TLDR: A new research paper introduces Align Your Tangent (AYT), a method that significantly improves the training of Consistency Models (CMs) for faster generative AI. The authors discovered that CM training is hindered by ‘oscillatory tangents’ that move parallel to the data manifold instead of towards it. AYT proposes a Manifold Feature Distance (MFD) loss function, which uses self-supervised manifold features to align these tangents, accelerating training by orders of magnitude, outperforming LPIPS, and enabling effective training with very small batch sizes. This leads to faster convergence and better sample quality in generative models.
Generative AI models, particularly those based on diffusion and flow matching, have made incredible strides in creating realistic images and other data. However, generating these high-quality samples often comes with a significant computational cost, requiring many steps to produce a final output. This has led researchers to explore methods that can speed up this process without sacrificing quality.

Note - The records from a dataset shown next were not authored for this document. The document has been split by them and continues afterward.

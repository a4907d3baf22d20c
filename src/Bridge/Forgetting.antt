-- ===== src/Bridge/Forgetting.antt =====
-- What `clear_peer_session` of lib.rs forgets.
use radix_relay.Prelude.{
  ◌≡◌, refl, false, Option, none, String, if◌then◌else◌, ◌==◌, nat_eq, string_eq,
}
use radix_relay.Exec.{ok, err, invalid_input}
use radix_relay.Memory.Address.{ProtocolAddress, address_eq}
use radix_relay.StorageTrait.{StorageContainer, Storage}
use radix_relay.StorageTrait.Peers.{SessionOps, SessionLaws, PeerOps, PeerLaws}
use radix_relay.Bridge.Sessions.{first_device, forget, clear_peer_session}

module _ {C : StorageContainer} {S : SessionOps C.Sessions} {P : PeerOps C.Identities}
    (SL : SessionLaws S) (PL : PeerLaws P) where
  forget-eq :
      (a : ProtocolAddress) (s : Storage C) {o : Option P.IdentityKey}
      → P.get_peer_identity s.identity_store a ≡ ok o
      → forget S P a s ≡ (
        ok tt,
        record s {
          session_store = (S.delete_session a s.session_store).1;
          identity_store = (P.delete_identity a s.identity_store).1;
        },
      )
  forget-eq a s e =
      rw (SL.delete_session-ok a s.session_store, e, PL.delete_identity-ok a s.identity_store)

  -- Where the identity stored for a named peer can be read, clearing the peer returns, and then the
  -- first device of that name has no session and no identity, while those of every other address and
  -- the keys are what they were; without a name it is refused and nothing changes.
  pub clear_peer_session-forgets :
      (peer : String) (s : Storage C) (o : Option P.IdentityKey)
      → (peer == "") ≡ false
      → P.get_peer_identity s.identity_store (first_device peer) ≡ ok o
      → let (r, s') = clear_peer_session S P peer s in
        (r ≡ ok tt)
        × ((a : ProtocolAddress)
            → S.load_session s'.session_store a
              ≡ (if first_device peer == a then ok none else S.load_session s.session_store a))
        × ((a : ProtocolAddress)
            → P.get_peer_identity s'.identity_store a ≡ (
                if first_device peer == a then ok none else P.get_peer_identity s.identity_store a))
        × (s'.pre_key_store ≡ s.pre_key_store)
        × (s'.signed_pre_key_store ≡ s.signed_pre_key_store)
        × (s'.kyber_pre_key_store ≡ s.kyber_pre_key_store)
        × (clear_peer_session S P "" s ≡ (err invalid_input, s))
  unfolding clear_peer_session
  clear_peer_session-forgets peer s o named read =
      rw (named, forget-eq (first_device peer) s read)
        (
          refl,
          SL.load-delete (first_device peer) s.session_store,
          PL.peer-delete (first_device peer) s.identity_store,
          refl,
          refl,
          refl,
          refl,
        )
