-- ===== src/Bridge/Meeting.antt =====
-- What adding a contact with its bundle leaves.
use radix_relay.Prelude.{ℕ, ◌≡◌, refl, ap, true, false, Option, some, List, String, Eq, ◌==◌}
use radix_relay.Exec.{Outcome, ok, err, invalid_input}
use radix_relay.Database.{Database}
use radix_relay.NostrIdentity.{IdentityApi, derive_public_key_from_peer_identity}
use radix_relay.StorageTrait.{StorageContainer}
use radix_relay.Contacts.{add_contact_from_bundle, generate_identity_fingerprint_from_key}
use radix_relay.Contacts.Adding.{IsContactTable, IsAdded, replace_contact-IsAdded}
use radix_relay.Bridge.Messages.{SignalBridge}
use radix_relay.Bridge.Bundles.{BundleApi, SerializablePreKeyBundle, establish_session}
use radix_relay.Bridge.Peering.{
  identity_bytes, contact_and_session, add_contact_and_establish_session,
}

module _ (I : IdentityApi) where
  pub add_contact_from_bundle-IsAdded :
      (identity_of : List ℕ → Option (List ℕ)) (now : ℕ) (bytes : List ℕ) (a : Option String)
      (s : Database) {key_bytes : List ℕ} {k : I.IdentityKey} {pk : I.PublicKey}
      → identity_of bytes ≡ some key_bytes
      → I.decode key_bytes ≡ some k
      → derive_public_key_from_peer_identity I k ≡ ok pk
      → IsContactTable s.contacts
      → let (r, s') = add_contact_from_bundle I identity_of now bytes a s in
        let fp = generate_identity_fingerprint_from_key I k in
        (r ≡ ok fp) × IsAdded fp (I.to_hex pk) now s.contacts s'.contacts
  unfolding add_contact_from_bundle
  add_contact_from_bundle-IsAdded identity_of now bytes a s there decoded derived table =
      rw (there, add_contact_from_bundle)
        (rw decoded (rw derived (refl, replace_contact-IsAdded _ now s refl refl table)))

module _ {C : StorageContainer} (I : IdentityApi) (P : BundleApi C)
    (get_own_key : C.Identities → Outcome I.IdentityKey) ⦃e : Eq I.IdentityKey⦄ where
  contact_and_session-IsAdded :
      (bytes : List ℕ) (a : Option String) (now : ℕ) (s : SignalBridge C)
      {b : SerializablePreKeyBundle} {k : I.IdentityKey} {pk : I.PublicKey}
      → let fp = generate_identity_fingerprint_from_key I k in
        P.from_bytes bytes ≡ some b
        → I.decode b.identity_key ≡ some k
        → derive_public_key_from_peer_identity I k ≡ ok pk
        → IsContactTable s.database.contacts
        → (establish_session P fp bytes s.storage).0 ≡ ok tt
        → let (r, s') = contact_and_session I P get_own_key bytes a now s in
          (r ≡ ok fp)
          × IsAdded fp (I.to_hex pk) now s.database.contacts s'.database.contacts
          × (s'.storage ≡ (establish_session P fp bytes s.storage).1)
  contact_and_session-IsAdded bytes a now s {b = b} there decoded derived table established =
      let (added, is_added) =
        add_contact_from_bundle-IsAdded I (λ x. identity_bytes (P.from_bytes x)) now bytes a
          s.database {key_bytes = b.identity_key} (ap identity_bytes there) decoded derived table in
      rw (added, established) (refl, is_added, refl)

  -- A bundle of the own identity is refused, and nothing changes.
  pub add_contact_and_establish_session-own :
      (bytes : List ℕ) (a : Option String) (now : ℕ) (s : SignalBridge C)
      {b : SerializablePreKeyBundle} {k own : I.IdentityKey}
      → P.from_bytes bytes ≡ some b
      → I.decode b.identity_key ≡ some k
      → get_own_key s.storage.identity_store ≡ ok own
      → (k == own) ≡ true
      → add_contact_and_establish_session I P get_own_key bytes a now s ≡ (err invalid_input, s)
  unfolding add_contact_and_establish_session
  add_contact_and_establish_session-own bytes a now s there decoded ours same =
      rw (there, decoded, ours, same)

  -- A readable bundle of another identity, from whose key a Nostr key can be derived, adds its owner
  -- to a table of unique contacts and, if libsignal establishes it, a session with the first device
  -- of the owner's fingerprint, which is returned.
  pub add_contact_and_establish_session-IsAdded :
      (bytes : List ℕ) (a : Option String) (now : ℕ) (s : SignalBridge C)
      (b : SerializablePreKeyBundle) (k own : I.IdentityKey) (pk : I.PublicKey)
      → let fp = generate_identity_fingerprint_from_key I k in
        P.from_bytes bytes ≡ some b
        → I.decode b.identity_key ≡ some k
        → get_own_key s.storage.identity_store ≡ ok own
        → (k == own) ≡ false
        → derive_public_key_from_peer_identity I k ≡ ok pk
        → IsContactTable s.database.contacts
        → (establish_session P fp bytes s.storage).0 ≡ ok tt
        → let (r, s') = add_contact_and_establish_session I P get_own_key bytes a now s in
          (r ≡ ok fp)
          × IsAdded fp (I.to_hex pk) now s.database.contacts s'.database.contacts
          × (s'.storage ≡ (establish_session P fp bytes s.storage).1)
  unfolding add_contact_and_establish_session
  add_contact_and_establish_session-IsAdded bytes a now s b k own pk there decoded ours other
        derived table established =
      rw (there, decoded, ours, other)
        (contact_and_session-IsAdded bytes a now s {b = b} {k = k} {pk = pk} there decoded derived
          table established)
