-- ===== src/DbEncryption.antt =====
-- rust/signal_bridge/src/db_encryption.rs: the key of the database, in a file beside it. The files
-- of the system are a map from paths, and what the system refuses is a parameter.
pub mod Kept
use radix_relay.Prelude.{
  ℕ, zero, suc, ◌+◌, ◌<◌, ◌≡◌, ◌≢◌, refl, ap, ◌∙◌, sym, inl, inr, Bool, true, false, not, Option,
  none, some, List, [], ◌∷◌, ◌++◌, map, length, if◌then◌else◌, ◌==◌, nat_eq, ltb, Bool-cases,
  Option-cases, arith,
}
use radix_relay.Prelude.Assoc.{Assoc, lookup, insert, lookup-insert}
use radix_relay.Prelude.Decimal.{codes_eq, list_eqb_iff}
use radix_relay.Exec.{Exec, Outcome, ok, err, panic, key_storage, pure, raise, lift, ◌>>=◌, ◌>>◌}

-- A path is its character codes, a file its bytes.
abbrev pub Files : Type 0
Files = Assoc (List ℕ) (List ℕ)

-- What the system allows, by path: to make the directory above it, to create the file or empty it,
-- to set its permissions, to write it, and to open it for reading.
pub record System : Type 0 where
  pub may_create_dir : List ℕ → Bool
  pub may_create : List ℕ → Bool
  pub may_set_permissions : List ℕ → Bool
  pub may_write : List ℕ → Bool
  pub may_open : List ℕ → Bool

abbrev pub db_key_length : ℕ
db_key_length = 32

-- `":memory:"`
abbrev pub memory_path : List ℕ
memory_path = b':' ∷ b'm' ∷ b'e' ∷ b'm' ∷ b'o' ∷ b'r' ∷ b'y' ∷ b':' ∷ []

-- `format!("{}.key", db_path)`
unfoldable pub get_key_file_path : List ℕ → List ℕ
get_key_file_path db_path = db_path ++ (b'.' ∷ b'k' ∷ b'e' ∷ b'y' ∷ [])

-- `fill_bytes` of the generator, on the 32 bytes.
unfoldable pub generate_db_key : {Rng : Type 0} → (Rng → ℕ → List ℕ) → Rng → Outcome (List ℕ)
generate_db_key fill_bytes rng = ok (fill_bytes rng db_key_length)

abbrev pub allowed : Bool → Exec Files Unit
allowed true = pure tt
allowed false = raise key_storage

abbrev pub take : ℕ → List ℕ → List ℕ
take zero bs = []
take (suc n) [] = []
take (suc n) (b ∷ bs) = b ∷ take n bs

-- `read_exact` of the 32 bytes: a shorter file is an error, the rest of a longer one is not read.
abbrev pub read_exact : List ℕ → Outcome (List ℕ)
read_exact bytes =
    if ltb (length bytes) db_key_length then err key_storage else ok (take db_key_length bytes)

abbrev pub read_file : Bool → Option (List ℕ) → Outcome (List ℕ)
read_file may_open none = err key_storage
read_file false (some bytes) = err key_storage
read_file true (some bytes) = read_exact bytes

module _ (system : System) where
  -- `File::create` empties a file that is there, and the key is written after the permissions are
  -- set.
  abbrev pub write_key : List ℕ → List ℕ → Exec Files Unit
  write_key key_path key = do
    allowed (system.may_create_dir key_path)
    allowed (system.may_create key_path)
    λ files. (ok tt, insert key_path [] files)
    allowed (system.may_set_permissions key_path)
    allowed (system.may_write key_path)
    λ files. (ok tt, insert key_path key files)

  unfoldable pub store_db_key : List ℕ → List ℕ → Exec Files Unit
  unfolding get_key_file_path
  store_db_key db_path key =
      if db_path == memory_path then pure tt else write_key (get_key_file_path db_path) key

  unfoldable pub retrieve_db_key : List ℕ → Files → Outcome (List ℕ)
  unfolding get_key_file_path
  retrieve_db_key db_path files =
      let key_path = get_key_file_path db_path in
      if db_path == memory_path
      then err key_storage
      else read_file (system.may_open key_path) (lookup key_path files)

  module _ {Rng : Type 0} (fill_bytes : Rng → ℕ → List ℕ) where
    unfoldable pub create_db_key : Rng → List ℕ → Exec Files (List ℕ)
    unfolding generate_db_key store_db_key
    create_db_key rng db_path = do
      key ← lift (generate_db_key fill_bytes rng)
      store_db_key db_path key
      pure key

    unfoldable pub or_create : Outcome (List ℕ) → Rng → List ℕ → Exec Files (List ℕ)
    unfolding create_db_key
    or_create (ok key) rng db_path = pure key
    or_create (err e) rng db_path = create_db_key rng db_path
    or_create panic rng db_path = λ files. (panic, files)

    unfoldable pub get_or_create_db_key : Rng → List ℕ → Exec Files (List ℕ)
    unfolding retrieve_db_key or_create
    get_or_create_db_key rng db_path files =
        or_create (retrieve_db_key db_path files) rng db_path files
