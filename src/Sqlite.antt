-- ===== src/Sqlite.antt =====
-- rust/signal_bridge/src/sqlite_storage.rs: the storage backend over SQLite tables. A table with a
-- primary key is an association list from the key. The columns that only SQLite fills and no
-- statement reads (`updated_at`, `trust_level` and the like) are left out. A statement fails only
-- where the text says so, so the branches for other errors of a query are not reached.
pub mod PreKeys
pub mod TimedKeys
pub mod Sessions
pub mod Identities
pub mod Laws
pub mod TimedLaws
pub mod Agreement
pub mod Peers
pub mod PeerKeys
pub mod Storage
pub mod Steps
pub mod Lifecycle
pub mod Live
pub mod Starts
pub mod Container
pub mod Ops
use radix_relay.Prelude.{ℕ, ◌≡◌, Option, none, some, List}
use radix_relay.Exec.{Outcome, ok, err, invalid_state}

-- `serialize` and `deserialize` of one of libsignal's types.
pub record Codec (A : Type 0) : Type 0 where
  pub serialize : A → Option (List ℕ)
  pub deserialize : List ℕ → Option A

-- What was serialized is read back.
abbrev pub IsCodec : {A : Type 0} → Codec A → Type 0
IsCodec {A} c = (a : A) (b : List ℕ) → c.serialize a ≡ some b → c.deserialize b ≡ some a

-- `.map_err(|e| SignalProtocolError::InvalidState("storage", ..))`
abbrev pub or_invalid_state {ℓ} : {A : Type ℓ} → Option A → Outcome A
or_invalid_state none = err invalid_state
or_invalid_state (some a) = ok a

One promising approach is the use of Consistency Models (CMs). These models are designed to generate high-quality samples in just one or two steps, drastically reducing inference time. Despite their potential, CMs typically face challenges during training, often requiring extensive training periods and large batch sizes to achieve competitive results. This can make them difficult to implement and scale.
Understanding the Training Challenge
A recent research paper, titled “ALIGNYOURTANGENT: TRAININGBETTERCONSIS-TENCYMODELS VIAMANIFOLD-ALIGNEDTANGENTS”, delves into the training dynamics of Consistency Models to uncover the root cause of these difficulties. Authored by Beomsu Kim, Byunghee Cha, and Jong Chul Ye from the Graduate School of AI, KAIST, the paper identifies a key issue: the “tangents” of CMs. These tangents represent the directions in which the model’s output updates during training. The researchers discovered that these tangents are often highly oscillatory, meaning they tend to move parallel to the underlying data manifold (the intrinsic structure of the data) rather than directly towards it. This oscillatory behavior hinders the model’s convergence, making training slow and inefficient.
Introducing Manifold-Aligned Tangents with AYT
To address this problem, the researchers propose a novel solution: the Manifold Feature Distance (MFD). This new loss function is designed to provide “manifold-aligned tangents” that consistently point towards the data manifold. Their method, dubbed Align Your Tangent (AYT), aims to make CM training more stable and efficient.
The core idea behind AYT is to learn a special “feature map” (a neural network) that transforms the data into a feature space. In this feature space, the gradients (which determine the tangent directions) are specifically designed to point towards the data manifold. Unlike previous methods that might use fixed feature maps or rely on external, human-supervised metrics like LPIPS (Learned Perceptual Image Patch Similarity), AYT’s manifold features are learned in a self-supervised manner. This means the model learns to identify and emphasize the directions that are most relevant for aligning the tangents, without needing human-labeled data for the feature map itself.
The manifold features are trained using various image transformations, including degradations (like Gaussian noise and blur), geometric changes (such as scaling and rotation), and color adjustments (brightness, contrast, etc.). By learning to map these perturbed images back to their original manifold, the feature map ensures that its gradients effectively guide the CM tangents towards the true data structure.
Also Read:
- Novel Training Approaches for Diffusion Models Significantly Enhance Generative AI Efficiency
- SiD-DiT: Bridging Diffusion and Flow Matching for Faster Image Synthesis
Impressive Results and Broader Impact
The experimental results of AYT are compelling. The method significantly accelerates CM training, achieving convergence orders of magnitude faster than traditional approaches using pseudo-Huber loss. Furthermore, AYT not only speeds up training but also improves the quality of generated samples, even outperforming LPIPS, a widely used perceptual metric. A particularly noteworthy finding is AYT’s robustness to batch size; it can achieve competitive performance with extremely small batch sizes (e.g., 16), which is a major advantage for resource-constrained environments.
When compared to other state-of-the-art methods, AYT demonstrates strong performance. It improves 1-step FID (Fréchet Inception Distance, a measure of image quality) over Easy Consistency Training (ECT) on datasets like CIFAR10 and ImageNet64x64, while maintaining comparable 2-step performance. It also holds its own against advanced diffusion distillation models, even though AYT trains models from scratch without relying on pre-trained teacher models. For more details, you can read the full research paper here.
The implications of this research extend beyond image generation. The self-supervised approach to learning manifold features could be applied to other data modalities like audio, text, or multimodal data, using domain-specific augmentation strategies. While the current study focuses on relatively small-scale settings, the lightweight nature of the auxiliary classifier suggests that AYT could scale effectively to larger datasets and higher resolutions, potentially integrating with latent diffusion models.
In conclusion, Align Your Tangent offers a practical and powerful way to train Consistency Models more efficiently and reliably. By understanding and correcting the oscillatory behavior of CM tangents, this method paves the way for faster, higher-quality generative AI with reduced computational demands.